Well sorta. Actually Compaq bought DEC then a couple years later they merged with HP. Just some of the DEC assets like the compiler business were sold off to Intel.

macfixer01


----------



## wibbla (Mar 4, 2012)

Hi all
Just wanted to show some pieces i picked up last week,i have a nice lot of these weird looking chips.All the lids are plated both sides and removal of the lids reveals a thinking area so i persume there cpus of some kind.They seem heavily plated and it would be nice to no if anyone has processed any of these,if so what was yield like? thanks


----------



## glorycloud (Mar 9, 2012)

Surely, they have a higher value to the collectors who buy on ebay
than the trace amounts of gold that may be in them. 

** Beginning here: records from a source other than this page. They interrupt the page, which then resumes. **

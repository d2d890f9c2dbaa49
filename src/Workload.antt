-- ===== src/Workload.antt =====
-- host/rp86/workload.py: the P86W manifest and file, upload and control records, status payloads.
use pi86_rp.Common.{
  ℕ, ◌+◌, ◌-◌, ◌*◌, bit_and, bit_or, Bool, not, ◌&&◌, [], ◌∷◌, ◌++◌, ltb, leb, ◌==◌, if◌then◌else◌,
  has_flag, Bytes, length, take, drop, ◌>>=◌, ◌>>◌, guard, value_error, Result, ok,
}
use pi86_rp.Struct.{Format, Fields, size, pack, unpack, unsigned, pad}
use pi86_rp.Crc.{crc32}
pub mod Valid
pub mod Files
pub mod Upload
pub mod Options

abbrev pub workload_magic : ℕ
workload_magic = 0x57363850

abbrev pub workload_format_version : ℕ
workload_format_version = 1

abbrev pub processor_address_space_size : ℕ
processor_address_space_size = 0x100000

abbrev pub flag_persistent : ℕ
flag_persistent = 1

abbrev pub flag_stdio : ℕ
flag_stdio = 2

abbrev pub flag_shared_memory : ℕ
flag_shared_memory = 4

abbrev pub flag_clock_free_running : ℕ
flag_clock_free_running = 8

abbrev pub flag_clock_stepped : ℕ
flag_clock_stepped = 16

abbrev pub flag_periodic_tick : ℕ
flag_periodic_tick = 32

-- "<IHHIIIHHHHIII"
abbrev pub manifest_format : Format
manifest_format =
    unsigned 4
    ∷ unsigned 2
    ∷ unsigned 2
    ∷ unsigned 4
    ∷ unsigned 4
    ∷ unsigned 4
    ∷ unsigned 2
    ∷ unsigned 2
    ∷ unsigned 2
    ∷ unsigned 2
    ∷ unsigned 4
    ∷ unsigned 4
    ∷ unsigned 4
    ∷ []

-- "<I"
abbrev pub begin_prefix : Format
begin_prefix = unsigned 4 ∷ []

-- "<II"
abbrev pub data_prefix : Format
data_prefix = unsigned 4 ∷ unsigned 4 ∷ []

-- "<II"
abbrev pub commit_format : Format
commit_format = unsigned 4 ∷ unsigned 4 ∷ []

-- "<B3xI"
abbrev pub control_format : Format
control_format = unsigned 1 ∷ pad 3 ∷ unsigned 4 ∷ []

abbrev pub manifest_size : ℕ
manifest_size = size manifest_format

abbrev pub data_bytes : ℕ
data_bytes = 52 - size data_prefix

-- `_linear`
unfoldable pub linear : ℕ → ℕ → Result ℕ
linear segment offset = do
  guard (leb segment 0xFFFF && leb offset 0xFFFF)
      (value_error "segment and offset must be 16-bit values" [])
  let address = segment * 16 + offset
  guard (ltb address processor_address_space_size)
      (value_error "segment:offset is outside the 20-bit processor address space" [])
  ok address

pub record WorkloadManifest : Type 0 where
  pub image_size : ℕ
  pub image_crc32 : ℕ
  pub load_address : ℕ
  pub entry_segment : ℕ
  pub entry_offset : ℕ
  pub stack_segment : ℕ
  pub stack_offset : ℕ
  pub shared_base : ℕ
  pub shared_size : ℕ
  pub flags : ℕ

-- The image and its entry point.
unfoldable pub check_image : WorkloadManifest → Result (Unit {0})
unfolding linear
check_image m = do
  guard (ltb 0 m.image_size) (value_error "workload image is empty" [])
  guard (leb m.image_crc32 0xFFFFFFFF) (value_error "image CRC is not a 32-bit value" [])
  guard (ltb m.load_address processor_address_space_size)
      (value_error "load address is outside the 20-bit processor address space" [])
  let image_end = m.load_address + m.image_size
  guard (leb image_end processor_address_space_size)
      (value_error "workload image crosses the 20-bit processor address-space limit" [])
  entry ← linear m.entry_segment m.entry_offset
  guard (leb m.load_address entry && ltb entry image_end)
      (value_error "entry point is outside the workload image" [])
  _ ← linear m.stack_segment m.stack_offset
  ok tt

-- The shared-memory range, on both branches of `if self.shared_size`.
unfoldable pub check_shared : WorkloadManifest → Result (Unit {0})
check_shared m =
    if m.shared_size == 0
    then guard ((m.shared_base == 0) && not (has_flag m.flags flag_shared_memory))
        (value_error "shared-memory flag, base, and size are inconsistent" [])
    else do
      guard (ltb m.shared_base processor_address_space_size)
          (value_error "shared-memory base is outside the 20-bit processor address space" [])
      guard (leb (m.shared_base + m.shared_size) processor_address_space_size)
          (value_error "shared-memory range crosses the 20-bit processor address-space limit" [])
      guard (has_flag m.flags flag_shared_memory)
          (value_error "shared-memory range requires FLAG_SHARED_MEMORY" [])
      ok tt

-- The flags. Of a number, `flags & ~known_flags` is what its known bits leave.
unfoldable pub check_flags : WorkloadManifest → Result (Unit {0})
check_flags m = do
  let known_flags = bit_or flag_persistent (
      bit_or flag_stdio (
        bit_or flag_shared_memory
          (bit_or flag_clock_free_running (bit_or flag_clock_stepped flag_periodic_tick))))
  guard (m.flags - bit_and m.flags known_flags == 0) (value_error "workload uses unknown flags" [])
  guard (not (has_flag m.flags flag_clock_free_running && has_flag m.flags flag_clock_stepped))
      (value_error "workload requests two execution clock modes" [])
  guard (not (has_flag m.flags flag_periodic_tick && not (has_flag m.flags flag_clock_stepped)))
      (value_error "periodic tick currently requires clock-stepped execution" [])
  ok tt

unfoldable pub validated : WorkloadManifest → Result WorkloadManifest
unfolding check_image check_shared check_flags
validated m = do check_image m; check_shared m; check_flags m; ok m

unfoldable pub for_image : Bytes → ℕ → ℕ × ℕ → ℕ × ℕ → ℕ → Result WorkloadManifest
unfolding validated
for_image image load_address (entry_segment, entry_offset) (stack_segment, stack_offset) flags =
    validated (record {
      image_size = length image;
      image_crc32 = crc32 image;
      load_address = load_address;
      entry_segment = entry_segment;
      entry_offset = entry_offset;
      stack_segment = stack_segment;
      stack_offset = stack_offset;
      shared_base = 0;
      shared_size = 0;
      flags = flags;
    })

abbrev pub manifest_fields : WorkloadManifest → Fields manifest_format
manifest_fields m = (
  workload_magic,
  (
    workload_format_version,
    (
      manifest_size,
      (
        m.image_size,
        (
          m.image_crc32,
          (
            m.load_address,
            (
              m.entry_segment,
              (
                m.entry_offset,
                (
                  m.stack_segment,
                  (m.stack_offset, (m.shared_base, (m.shared_size, (m.flags, tt)))),
                ),
              ),
            ),
          ),
        ),
      ),
    ),
  ),
)

unfoldable pub encode_manifest : WorkloadManifest → Result Bytes
encode_manifest m = do _ ← validated m; pack manifest_format (manifest_fields m)

unfoldable pub decode_manifest : Bytes → Result WorkloadManifest
decode_manifest encoded = do
  guard (length encoded == manifest_size) (value_error "workload manifest has the wrong size" [])
  (
    magic,
    (
      version,
      (
        header_size,
        (
          image_size,
          (
            image_crc32,
            (
              load_address,
              (
                entry_segment,
                (
                  entry_offset,
                  (stack_segment, (stack_offset, (shared_base, (shared_size, (flags, _))))),
                ),
              ),
            ),
          ),
        ),
      ),
    ),
  ) ←
      unpack manifest_format encoded
  guard
      ((magic == workload_magic)
        && (version == workload_format_version)
        && (header_size == manifest_size))
      (value_error "unsupported workload manifest" [])
  validated (record {
    image_size = image_size;
    image_crc32 = image_crc32;
    load_address = load_address;
    entry_segment = entry_segment;
    entry_offset = entry_offset;
    stack_segment = stack_segment;
    stack_offset = stack_offset;
    shared_base = shared_base;
    shared_size = shared_size;
    flags = flags;
  })

-- `len(image) == manifest.image_size and zlib.crc32(image) == manifest.image_crc32`
unfoldable pub image_matches : WorkloadManifest → Bytes → Bool
image_matches m image = (length image == m.image_size) && (crc32 image == m.image_crc32)

unfoldable pub encode_workload_file : WorkloadManifest → Bytes → Result Bytes
unfolding image_matches
encode_workload_file m image = do
  _ ← validated m
  guard (image_matches m image) (value_error "image does not match its workload manifest" [])
  header ← encode_manifest m
  ok (header ++ image)

unfoldable pub decode_workload_file : Bytes → Result (WorkloadManifest × Bytes)
unfolding image_matches
decode_workload_file encoded = do
  guard (leb manifest_size (length encoded)) (value_error "workload file is truncated" [])
  m ← decode_manifest (take manifest_size encoded)
  let image = drop manifest_size encoded
  guard (image_matches m image) (value_error "workload image size or CRC is invalid" [])
  ok (m, image)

Pretty chips though! I hate to think that they would die in an acid bath. 8)


----------



## etack (Mar 9, 2012)

wibbla said:


> Hi all
> Just wanted to show some pieces i picked up last week,i have a nice lot of these weird looking chips.All the lids are plated both sides and removal of the lids reveals a thinking area so i persume there cpus of some kind.They seem heavily plated and it would be nice to no if anyone has processed any of these,if so what was yield like? thanks



I ran about 120 grams and recovered 2.7 grams from them. the chips at the bottom are the ones I ran. 


Eric


----------



## wibbla (Mar 11, 2012)

Hi 
did you remove those lids and process them in the de plating cell? i noticed they are all plated both sides which is a bonus  . i thought they were very sexy chips having more gold under each lid with individual thinkin areas also.Havent done them yet as im just in the process of preparation removing them from the ceramic.


----------



## etack (Mar 12, 2012)

nope thew then in poor mans AR with a little heat.

Eric


----------



## Baron Von Kline (Apr 11, 2012)

Help! Please enlighten this newb in this field of endeavor,... what is "Poor Mans AR"??????? I assume it is cheaper than commercial AR.

Thanks all. 8)


----------



## patnor1011 (Apr 11, 2012)

Baron Von Kline said:


> Help! Please enlighten this newb in this field of endeavor,... what is "Poor Mans AR"??????? I assume it is cheaper than commercial AR.
> 
> Thanks all. 8)



You skipped important reading after registration here:
:arrow: http://goldrefiningforum.com/phpBB3/viewtopic.php?p=6873#6873


----------



## Geo (Apr 11, 2012)

i process my lids separately in AR also.i dont let the entire lid dissolve, but rather let the first solution exhaust itself of nitric and decant through a filter. testing this liquid shows no gold at all so i precipitate the silver and proceed with the next solution.this time i watch the solution carefully and just as the nitric is exhausted, i filter again. this solution will be positive for gold. i then rinse the lids one at a time back into the pot being sure to remove any loose foils or powders.after all the lids are rinsed and scraped, i add 100ml of hcl and 1 level teaspoon (i dont weigh such small amounts of chemicals) of sodium nitrate and heat. the solution this time is normally deep yellow to orange and test is always black. the lids by this time are almost completely devoid of any gold, some have a yellow color but testing shows it is base metal.


----------